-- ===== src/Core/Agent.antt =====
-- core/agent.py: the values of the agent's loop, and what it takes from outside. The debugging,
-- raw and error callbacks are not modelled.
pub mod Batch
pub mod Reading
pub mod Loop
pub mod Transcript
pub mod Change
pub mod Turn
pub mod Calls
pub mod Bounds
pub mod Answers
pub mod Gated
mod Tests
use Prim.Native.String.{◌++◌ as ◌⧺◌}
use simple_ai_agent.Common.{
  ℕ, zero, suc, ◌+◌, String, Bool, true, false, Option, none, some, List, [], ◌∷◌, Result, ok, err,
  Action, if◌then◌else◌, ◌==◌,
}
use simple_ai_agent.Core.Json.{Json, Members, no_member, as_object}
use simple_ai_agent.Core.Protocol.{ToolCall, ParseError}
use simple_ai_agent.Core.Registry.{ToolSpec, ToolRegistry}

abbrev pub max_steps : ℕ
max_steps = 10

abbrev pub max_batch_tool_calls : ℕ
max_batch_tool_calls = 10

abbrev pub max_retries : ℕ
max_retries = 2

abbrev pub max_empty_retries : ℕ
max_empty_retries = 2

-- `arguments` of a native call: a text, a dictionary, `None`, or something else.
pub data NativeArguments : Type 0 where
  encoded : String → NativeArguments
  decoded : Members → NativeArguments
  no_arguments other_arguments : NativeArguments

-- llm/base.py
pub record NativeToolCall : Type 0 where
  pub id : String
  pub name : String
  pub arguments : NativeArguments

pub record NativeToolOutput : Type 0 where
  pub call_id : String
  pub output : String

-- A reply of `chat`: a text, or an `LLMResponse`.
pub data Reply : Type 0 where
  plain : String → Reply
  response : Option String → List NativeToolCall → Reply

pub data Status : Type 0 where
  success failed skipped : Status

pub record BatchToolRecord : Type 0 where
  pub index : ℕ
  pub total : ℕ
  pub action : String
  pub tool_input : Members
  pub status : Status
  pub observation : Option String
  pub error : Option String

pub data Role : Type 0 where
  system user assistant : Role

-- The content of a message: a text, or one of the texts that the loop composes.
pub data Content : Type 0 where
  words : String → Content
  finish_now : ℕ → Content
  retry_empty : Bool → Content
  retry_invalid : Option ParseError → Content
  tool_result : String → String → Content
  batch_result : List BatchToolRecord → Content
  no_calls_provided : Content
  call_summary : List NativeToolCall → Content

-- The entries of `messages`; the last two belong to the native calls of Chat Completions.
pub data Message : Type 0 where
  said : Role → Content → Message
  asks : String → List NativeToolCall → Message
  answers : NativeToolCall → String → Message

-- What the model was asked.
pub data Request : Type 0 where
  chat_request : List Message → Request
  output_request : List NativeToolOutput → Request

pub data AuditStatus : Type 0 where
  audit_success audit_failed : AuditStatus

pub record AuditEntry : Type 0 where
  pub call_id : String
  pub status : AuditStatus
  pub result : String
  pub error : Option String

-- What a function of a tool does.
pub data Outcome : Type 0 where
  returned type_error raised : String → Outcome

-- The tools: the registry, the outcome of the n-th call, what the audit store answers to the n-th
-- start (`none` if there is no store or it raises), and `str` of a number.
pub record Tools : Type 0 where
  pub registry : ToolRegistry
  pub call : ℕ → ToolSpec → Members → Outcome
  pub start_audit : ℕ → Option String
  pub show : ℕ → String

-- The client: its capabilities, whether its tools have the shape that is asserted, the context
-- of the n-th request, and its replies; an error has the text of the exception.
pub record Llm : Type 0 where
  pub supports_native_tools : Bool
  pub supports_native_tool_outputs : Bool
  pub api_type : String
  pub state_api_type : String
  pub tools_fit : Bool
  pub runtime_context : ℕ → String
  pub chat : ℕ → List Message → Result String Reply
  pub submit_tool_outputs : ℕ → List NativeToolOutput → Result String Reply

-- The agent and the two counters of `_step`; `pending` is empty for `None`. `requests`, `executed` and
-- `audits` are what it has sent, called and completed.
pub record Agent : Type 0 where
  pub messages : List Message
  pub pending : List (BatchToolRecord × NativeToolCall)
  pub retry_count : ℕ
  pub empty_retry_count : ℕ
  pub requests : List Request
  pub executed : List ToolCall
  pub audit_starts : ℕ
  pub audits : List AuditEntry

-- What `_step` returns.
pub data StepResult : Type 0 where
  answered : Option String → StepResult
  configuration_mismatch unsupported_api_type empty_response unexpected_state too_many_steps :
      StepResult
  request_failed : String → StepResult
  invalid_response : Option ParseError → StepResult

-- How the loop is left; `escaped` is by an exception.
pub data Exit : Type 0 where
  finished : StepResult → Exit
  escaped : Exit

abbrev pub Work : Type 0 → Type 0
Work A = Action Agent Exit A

..........

__What you will do__: Every entry, from top to bottom, should be repeated word for word.

__Answer to this exercise__:
-- ===== src/Core/Agent.antt =====
-- core/agent.py: the values of the agent's loop, and what it takes from outside. The debugging,
-- raw and error callbacks are not modelled.
pub mod Batch
pub mod Reading
pub mod Loop
pub mod Transcript
pub mod Change
pub mod Turn
pub mod Calls
pub mod Bounds
pub mod Answers
pub mod Gated
mod Tests
use Prim.Native.String.{◌++◌ as ◌⧺◌}
use simple_ai_agent.Common.{
  ℕ, zero, suc, ◌+◌, String, Bool, true, false, Option, none, some, List, [], ◌∷◌, Result, ok, err,
  Action, if◌then◌else◌, ◌==◌,
}
use simple_ai_agent.Core.Json.{Json, Members, no_member, as_object}
use simple_ai_agent.Core.Protocol.{ToolCall, ParseError}
use simple_ai_agent.Core.Registry.{ToolSpec, ToolRegistry}

abbrev pub max_steps : ℕ
max_steps = 10

abbrev pub max_batch_tool_calls : ℕ
max_batch_tool_calls = 10

abbrev pub max_retries : ℕ
max_retries = 2

abbrev pub max_empty_retries : ℕ
max_empty_retries = 2

-- `arguments` of a native call: a text, a dictionary, `None`, or something else.
pub data NativeArguments : Type 0 where
  encoded : String → NativeArguments
  decoded : Members → NativeArguments
  no_arguments other_arguments : NativeArguments

-- llm/base.py
pub record NativeToolCall : Type 0 where
  pub id : String
  pub name : String
  pub arguments : NativeArguments

pub record NativeToolOutput : Type 0 where
  pub call_id : String
  pub output : String

-- A reply of `chat`: a text, or an `LLMResponse`.
pub data Reply : Type 0 where
  plain : String → Reply
  response : Option String → List NativeToolCall → Reply

pub data Status : Type 0 where
  success failed skipped : Status

pub record BatchToolRecord : Type 0 where
  pub index : ℕ
  pub total : ℕ
  pub action : String
  pub tool_input : Members
  pub status : Status
  pub observation : Option String
  pub error : Option String

pub data Role : Type 0 where
  system user assistant : Role

-- The content of a message: a text, or one of the texts that the loop composes.
pub data Content : Type 0 where
  words : String → Content
  finish_now : ℕ → Content
  retry_empty : Bool → Content
  retry_invalid : Option ParseError → Content
  tool_result : String → String → Content
  batch_result : List BatchToolRecord → Content
  no_calls_provided : Content
  call_summary : List NativeToolCall → Content

-- The entries of `messages`; the last two belong to the native calls of Chat Completions.
pub data Message : Type 0 where
  said : Role → Content → Message
  asks : String → List NativeToolCall → Message
  answers : NativeToolCall → String → Message

-- What the model was asked.
pub data Request : Type 0 where
  chat_request : List Message → Request
  output_request : List NativeToolOutput → Request

pub data AuditStatus : Type 0 where
  audit_success audit_failed : AuditStatus

pub record AuditEntry : Type 0 where
  pub call_id : String
  pub status : AuditStatus
  pub result : String
  pub error : Option String

-- What a function of a tool does.
pub data Outcome : Type 0 where
  returned type_error raised : String → Outcome

-- The tools: the registry, the outcome of the n-th call, what the audit store answers to the n-th
-- start (`none` if there is no store or it raises), and `str` of a number.
pub record Tools : Type 0 where
  pub registry : ToolRegistry
  pub call : ℕ → ToolSpec → Members → Outcome
  pub start_audit : ℕ → Option String
  pub show : ℕ → String

-- The client: its capabilities, whether its tools have the shape that is asserted, the context
-- of the n-th request, and its replies; an error has the text of the exception.
pub record Llm : Type 0 where
  pub supports_native_tools : Bool
  pub supports_native_tool_outputs : Bool
  pub api_type : String
  pub state_api_type : String
  pub tools_fit : Bool
  pub runtime_context : ℕ → String
  pub chat : ℕ → List Message → Result String Reply
  pub submit_tool_outputs : ℕ → List NativeToolOutput → Result String Reply

-- The agent and the two counters of `_step`; `pending` is empty for `None`. `requests`, `executed` and
-- `audits` are what it has sent, called and completed.
pub record Agent : Type 0 where
  pub messages : List Message
  pub pending : List (BatchToolRecord × NativeToolCall)
  pub retry_count : ℕ
  pub empty_retry_count : ℕ
  pub requests : List Request
  pub executed : List ToolCall
  pub audit_starts : ℕ
  pub audits : List AuditEntry

-- What `_step` returns.
pub data StepResult : Type 0 where
  answered : Option String → StepResult
  configuration_mismatch unsupported_api_type empty_response unexpected_state too_many_steps :
      StepResult
  request_failed : String → StepResult
  invalid_response : Option ParseError → StepResult

-- How the loop is left; `escaped` is by an exception.
pub data Exit : Type 0 where
  finished : StepResult → Exit
  escaped : Exit

abbrev pub Work : Type 0 → Type 0
Work A = Action Agent Exit A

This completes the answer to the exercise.